### WHAT THE TASK ASKS
Go through the listing below and gather every line with the word "fmax".

### EXERCISE INPUTS
-- ===== src/Streamer/Silver/Totals.antt =====
-- The rows that silver.rs keeps, and what a player's totals are made of.
use fps_anticheat_data_platf.Prelude.{
  ◌≡◌, refl, sym, ap, ◌∙◌, inl, inr, Bool, false, not, ◌&&◌, ◌||◌, String, Option, none, some, List,
  [], ◌∷◌, ◌++◌, map, unwrap_or, is_some, any, if◌then◌else◌, str_eq, arith, Bool-cases,
  Option-cases, keep, append_assoc, append-nil,
}
use fps_anticheat_data_platf.Prelude.Int.{ℤ, pos, ltb_ℤ}
use fps_anticheat_data_platf.Prelude.Float.{Float, nought, fmax}
use fps_anticheat_data_platf.Prelude.Text.{is_blank}
use fps_anticheat_data_platf.Streamer.Silver.Fresh.{fresh, first_rows, first_rows-fresh}
use fps_anticheat_data_platf.Streamer.Groups.{get, get-upsert}
use fps_anticheat_data_platf.Streamer.Silver.{
  BronzeRow, PlayerStats, PlayerStatsMap, no_stats, kill_event_row, raise_int, raise, raise_stats,
  count_player, with_victim, count_row, SilverState, is_repeated, see, silver_row, silver_rows,
  fresh_state,
}

-- the row is the player's own, or names the player as the victim
abbrev pub is_of : String → String → BronzeRow → Bool
is_of m p r =
    not (is_blank r.match_id)
    && not (is_blank r.player_id)
    && str_eq r.match_id m
    && str_eq r.player_id p

abbrev pub is_victim : String → Option String → Bool
is_victim p none = false
is_victim p (some v) = str_eq v p

abbrev pub names : String → String → BronzeRow → Bool
names m p r = is_victim p r.victim_name && not (is_blank r.match_id) && str_eq r.match_id m

-- the largest of each statistic over the player's own rows
unfoldable pub maxima : String → String → List BronzeRow → PlayerStats → PlayerStats
unfolding raise_stats
maxima m p [] s = s
maxima m p (r ∷ rest) s = maxima m p rest (if is_of m p r then raise_stats r s else s)

abbrev pub mentions : String → String → BronzeRow → Bool
mentions m p r = is_of m p r || names m p r

-- the player's entry, where a row mentions it
abbrev pub entry_after : String → String → List BronzeRow → Option PlayerStats → Option PlayerStats
entry_after m p rows before =
    if any (mentions m p) rows || is_some before
    then some (maxima m p rows (unwrap_or before no_stats))
    else none

get-count_player :
    (r : BronzeRow) (m p : String) (stats : PlayerStatsMap)
    → get m p (count_player r stats) ≡ (
        if is_of m p r
        then some (raise_stats r (unwrap_or (get m p stats) no_stats))
        else get m p stats)
unfolding count_player
get-count_player r m p stats =
    ground (arith, get-upsert no_stats r.match_id r.player_id m p (raise_stats r) stats)

get-with_victim :
    (n m p : String) (v : Option String) (stats : PlayerStatsMap)
    → get m p (with_victim n v stats) ≡ (
        if is_victim p v && not (is_blank n) && str_eq n m
        then some (unwrap_or (get m p stats) no_stats)
        else get m p stats)
get-with_victim n m p none stats = ground arith
get-with_victim n m p (some v) stats = ground (arith, get-upsert no_stats n v m p (λ s. s) stats)

get-count_row :
    (r : BronzeRow) (m p : String) (stats : PlayerStatsMap)
    → get m p (count_row r stats) ≡ entry_after m p (r ∷ []) (get m p stats)
unfolding count_row maxima
get-count_row r m p stats = ground (
  arith,
  get-with_victim r.match_id m p r.victim_name (count_player r stats),
  get-count_player r m p stats,
)

entry_after-cons :
    (m p : String) (r : BronzeRow) (rest : List BronzeRow) (before : Option PlayerStats)
    → entry_after m p rest (entry_after m p (r ∷ []) before) ≡ entry_after m p (r ∷ rest) before
unfolding maxima
entry_after-cons m p r rest before = ground arith

-- What the loop has gathered, from any state it starts in.
record Gathers (kept : List BronzeRow) (st end : SilverState) : Type 0 where
  kill_events : end.kill_events ≡ st.kill_events ++ map kill_event_row kept
  totals :
      (m p : String) → get m p end.player_stats ≡ entry_after m p kept (get m p st.player_stats)

silver_rows-Gathers :
    (rows : List BronzeRow) (st : SilverState)
    → Gathers (first_rows st.seen_event_ids rows) st (silver_rows rows st)
unfolding silver_rows first_rows silver_row maxima
silver_rows-Gathers [] st = record {
  kill_events = sym (append-nil st.kill_events);
  totals = λ m p. ground arith;
}
silver_rows-Gathers (r ∷ rest) st = elim (Bool-cases (is_repeated r st.seen_event_ids)) [
  | inl old ↦ rw old (silver_rows-Gathers rest st)
  | inr new ↦ rw new (
      let st' : SilverState = record {
        seen_event_ids = see r st.seen_event_ids;
        kill_events = st.kill_events ++ kill_event_row r ∷ [];
        player_stats = count_row r st.player_stats;
      } in
      let later = silver_rows-Gathers rest st' in
      record {
        kill_events =
            later.kill_events
            ∙ append_assoc st.kill_events (kill_event_row r ∷ [])
                (map kill_event_row (first_rows st'.seen_event_ids rest));
        totals = λ m p.
            later.totals m p
            ∙ ap (entry_after m p (first_rows st'.seen_event_ids rest))
                (get-count_row r m p st.player_stats)
            ∙ entry_after-cons m p r (first_rows st'.seen_event_ids rest) (get m p st.player_stats);
      })
]

entry_after-none :
    (m p : String) (rows : List BronzeRow)
    → entry_after m p rows none
      ≡ (if any (mentions m p) rows then some (maxima m p rows no_stats) else none)
entry_after-none m p rows = elim (Bool-cases (any (mentions m p) rows)) [
  | inl e ↦ rw e
  | inr e ↦ rw e
]

-- the values that the rows have in a column
abbrev pub given : {V : Type 0} → (BronzeRow → Option V) → List BronzeRow → List V
given column [] = []
given column (r ∷ rest) =
    let later = given column rest in elim (column r) [ none ↦ later | some v ↦ v ∷ later ]

-- the largest of some values and of a first one
abbrev pub largest_int : ℤ → List ℤ → ℤ
largest_int n [] = n
largest_int n (v ∷ vs) = largest_int (if ltb_ℤ n v then v else n) vs

abbrev pub largest : Float → List Float → Float
largest n [] = n
largest n (v ∷ vs) = largest (fmax n v) vs

-- for each statistic the largest value of the rows, and 0 where they have none above it
abbrev pub totals_of : List BronzeRow → PlayerStats
totals_of own = record {
  kills = largest_int (pos 0) (given (λ r. r.kills) own);
  headshot_kills = largest_int (pos 0) (given (λ r. r.headshot_kills) own);
  damage_dealt = largest nought (given (λ r. r.damage_dealt) own);
  walk_distance = largest nought (given (λ r. r.walk_distance) own);
  ride_distance = largest nought (given (λ r. r.ride_distance) own);
  swim_distance = largest nought (given (λ r. r.swim_distance) own);
  survival_duration = largest nought (given (λ r. r.survival_duration) own);
  win_place_perc = largest nought (given (λ r. r.win_place_perc) own);
}

module _ (m p : String) where
  int-maxima :
      (field : PlayerStats → ℤ) (column : BronzeRow → Option ℤ)
      → ((r : BronzeRow) (s : PlayerStats)
          → field (raise_stats r s) ≡ raise_int (field s) (column r))
      → (rows : List BronzeRow) (s : PlayerStats)
      → field (maxima m p rows s) ≡ largest_int (field s) (given column (keep (is_of m p) rows))
  unfolding maxima
  int-maxima field column h [] s = refl
  int-maxima field column h (r ∷ rest) s = elim (Bool-cases (is_of m p r)) [
    | inr e ↦ rw e (int-maxima field column h rest s)
    | inl e ↦ elim (Option-cases (column r)) [
      | inl c ↦ rw (e, c) (int-maxima field column h rest (raise_stats r s) ∙ rw (h r s, c) refl)
      | inr (v, c) ↦
          rw (e, c) (int-maxima field column h rest (raise_stats r s) ∙ rw (h r s, c) refl)
    ]
  ]

  float-maxima :
      (field : PlayerStats → Float) (column : BronzeRow → Option Float)
      → ((r : BronzeRow) (s : PlayerStats) → field (raise_stats r s) ≡ raise (field s) (column r))
      → (rows : List BronzeRow) (s : PlayerStats)
      → field (maxima m p rows s) ≡ largest (field s) (given column (keep (is_of m p) rows))
  unfolding maxima
  float-maxima field column h [] s = refl
  float-maxima field column h (r ∷ rest) s = elim (Bool-cases (is_of m p r)) [
    | inr e ↦ rw e (float-maxima field column h rest s)
    | inl e ↦ elim (Option-cases (column r)) [
      | inl c ↦ rw (e, c) (float-maxima field column h rest (raise_stats r s) ∙ rw (h r s, c) refl)
      | inr (v, c) ↦
          rw (e, c) (float-maxima field column h rest (raise_stats r s) ∙ rw (h r s, c) refl)
    ]
  ]

  maxima-totals_of :
      (rows : List BronzeRow) → maxima m p rows no_stats ≡ totals_of (keep (is_of m p) rows)
  unfolding raise_stats
  maxima-totals_of rows = cc (
    int-maxima (λ s. s.kills) (λ r. r.kills) (λ r s. refl) rows no_stats,
    int-maxima (λ s. s.headshot_kills) (λ r. r.headshot_kills) (λ r s. refl) rows no_stats,
    float-maxima (λ s. s.damage_dealt) (λ r. r.damage_dealt) (λ r s. refl) rows no_stats,
    float-maxima (λ s. s.walk_distance) (λ r. r.walk_distance) (λ r s. refl) rows no_stats,
    float-maxima (λ s. s.ride_distance) (λ r. r.ride_distance) (λ r s. refl) rows no_stats,
    float-maxima (λ s. s.swim_distance) (λ r. r.swim_distance) (λ r s. refl) rows no_stats,
    float-maxima (λ s. s.survival_duration) (λ r. r.survival_duration) (λ r s. refl) rows no_stats,
    float-maxima (λ s. s.win_place_perc) (λ r. r.win_place_perc) (λ r s. refl) rows no_stats,
  )

gathered :
    (rows : List BronzeRow) (m p : String)
    → ((silver_rows rows fresh_state).kill_events ≡ map kill_event_row (first_rows [] rows))
      × (get m p (silver_rows rows fresh_state).player_stats ≡ (
          if any (mentions m p) (first_rows [] rows)
          then some (totals_of (keep (is_of m p) (first_rows [] rows)))
          else none))
unfolding get
gathered rows m p =
    let all = silver_rows-Gathers rows fresh_state in
    (
      all.kill_events,
      all.totals m p
          ∙ entry_after-none m p (first_rows [] rows)
          ∙ rw (maxima-totals_of m p (first_rows [] rows)),
    )

-- the rows that no row before repeats
abbrev pub kept_rows : List BronzeRow → List BronzeRow
kept_rows rows = fresh (λ r. r.event_id) [] rows

-- The loop over the Bronze rows, however long: a row is skipped exactly if its identifier is not
-- blank and a row before it has the same; the kill events are the other rows, in order; and a player
-- has totals in a match exactly if one of those rows is the player's own or names the player as
-- victim, and they are the largest values that the player's own rows have for each statistic, and at
-- least 0.
pub silver_rows_lem :
    (rows : List BronzeRow) (m p : String)
    → ((silver_rows rows fresh_state).kill_events ≡ map kill_event_row (kept_rows rows))
      × (get m p (silver_rows rows fresh_state).player_stats ≡ (
          if any (mentions m p) (kept_rows rows)
          then some (totals_of (keep (is_of m p) (kept_rows rows)))
          else none))
silver_rows_lem rows m p = rw (← first_rows-fresh rows) (gathered rows m p)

### THE COMPLETED TASK
use fps_anticheat_data_platf.Prelude.Float.{Float, nought, fmax}
largest n (v ∷ vs) = largest (fmax n v) vs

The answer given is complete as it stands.